下肢静脈瘤の手術後の生活は?安静・入浴・運動・仕事復帰など

下肢静脈瘤手術後の生活について

皆さん、こんにちは!下肢静脈瘤専門クリニック・目黒外科院長の齋藤陽です。

これから下肢静脈瘤の手術を受けようかどうしようか考えている方へ。

下肢静脈瘤の手術自体も心配だと思いますが、手術のあとの事も気になりますよね?

「麻酔が切れたら痛いんじゃないか・・・?」

「足は腫れるのか?内出血は?再発は?」

「仕事は何日くらい休まないといけないのだろう?」

「いつからお風呂に入れるのかしら?」

「運動はいつから再開できるのか?」

そこで、今回の記事では下肢静脈瘤手術後の生活や注意事項について解説いたします。

手術当日

手術が終わると足に弾性包帯が巻かれており、さらにその上から弾性ストッキングを着用しているので多少の歩きにくさがありますが、歩行はもちろんのこと、帰宅途中で買い物をしても構いません。

帰宅後

安静
基本的に安静にしていただく必要はありません。
痛み止め
麻酔が切れたあとは痛みが出ることがありますが、ほとんどの患者さんは「痛み止めを飲むほどではなかったので、飲まなかった」とおっしゃいます。ただし、下肢静脈瘤の状態は個人差がありますので痛みの程度も個人差があります。痛みを我慢する必要はありませんので、痛いと感じたら痛み止めを飲むようにしましょう。
やっても良い事
炊事洗濯掃除など、日常生活動作は通常通りでOKです。

やってはいけないこと
弾性包帯は翌日まで外せませんので、入浴はできません。

自転車をこぐと弾性包帯がずり落ちてしまいますので、自転車もNGです。

自動車の運転もNGです。手術の際に鎮静剤を点滴しますので、眠気が残る可能性があるためです。

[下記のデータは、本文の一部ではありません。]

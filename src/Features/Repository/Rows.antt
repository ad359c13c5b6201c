-- ===== src/Features/Repository/Rows.antt =====
-- The table of overrides as a map from (organisation, slug) to rows.
use egras.Prelude.{
  ℕ, String, true, any, List, [], ◌∷◌, none, some, ◌≡◌, ◌&&◌, refl, arith, beq_iff, ◌==◌, String_eq,
  ℕ_eq, if◌then◌else◌,
}
use egras.Features.Model.{OrgFeatureOverride}
use egras.Features.Repository.{DefinitionRow, definition_row, override_row, upsert_row, delete_rows}

pub override_row-upsert_row :
    (org : ℕ) (slug : String) (new : OrgFeatureOverride) (rows : List OrgFeatureOverride)
    → override_row org slug (upsert_row new rows) ≡ (
        if new.organisation_id == org && new.slug == slug
        then some new
        else override_row org slug rows)
unfolding override_row upsert_row
override_row-upsert_row org slug new [] = refl
override_row-upsert_row org slug new (r ∷ rows) = ground (
  arith,
  beq_iff r.slug slug,
  beq_iff new.slug slug,
  beq_iff r.slug new.slug,
  override_row-upsert_row org slug new rows,
)

pub override_row-delete_rows :
    (org : ℕ) (slug : String) (o : ℕ) (s : String) (rows : List OrgFeatureOverride)
    → override_row o s (delete_rows org slug rows)
      ≡ (if org == o && slug == s then none else override_row o s rows)
unfolding override_row delete_rows
override_row-delete_rows org slug o s [] = ground arith
override_row-delete_rows org slug o s (r ∷ rows) = ground (
  arith,
  beq_iff r.slug slug,
  beq_iff slug s,
  beq_iff r.slug s,
  override_row-delete_rows org slug o s rows,
)

pub any-definition_row :
    (slug : String) (rows : List DefinitionRow) (r : DefinitionRow)
    → definition_row slug rows ≡ some r
    → any (λ d. d.slug == slug) rows ≡ true
unfolding definition_row
any-definition_row slug [] r h = cc
any-definition_row slug (d ∷ rows) r h = ground (arith, any-definition_row slug rows r)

お酒については、具合が悪くなった場合に手術の影響なのかお酒の影響なのかが分かりにくくなりますので、手術日のお酒は止めておきましょう。

手術翌日以降

手術翌日は弾性包帯が外れます。当院で行う下肢静脈瘤の手術は基本的に皮膚を切開しませんので、傷も縫いません。したがって、抜糸も必要ありません。注射針の痕が少し見えるだけなので、手術翌日からは日常生活の制限はしていません。
入浴
手術翌日からOKです。
運動
初めは軽い歩行から始め、徐々に運動量を増やしていくように説明しています。痛みを感じたらその強度までにとどめていただき、痛みが許容レベルになれば運動の強度を上げて構いません。ご自身の痛みと相談のうえ、運動を行ってください。
仕事復帰
基本的にはいつからでも復帰可能です。
マッサージ
特に制限はしていません。指圧されたり、もまれた時に痛みを感じる部位があればそこは避けていただけば結構です。
飛行機
手術翌日に搭乗可能です。その際、弾性ストッキングを着用の上、ご搭乗ください。
弾性ストッキング
レーザーカテーテルによる血管内焼灼術の場合、術後約1か月間は弾性ストッキングを着用していただきます。これは術後一時的な足のむくみや腫れが生じることがあり、弾性ストッキングはこれらの症状を軽減する効果があります。また、ごく稀ですが深部静脈血栓症(エコノミークラス症候群)を起こす可能性もゼロではありませんので、血栓予防のためにも弾性ストッキングを着用していただきます。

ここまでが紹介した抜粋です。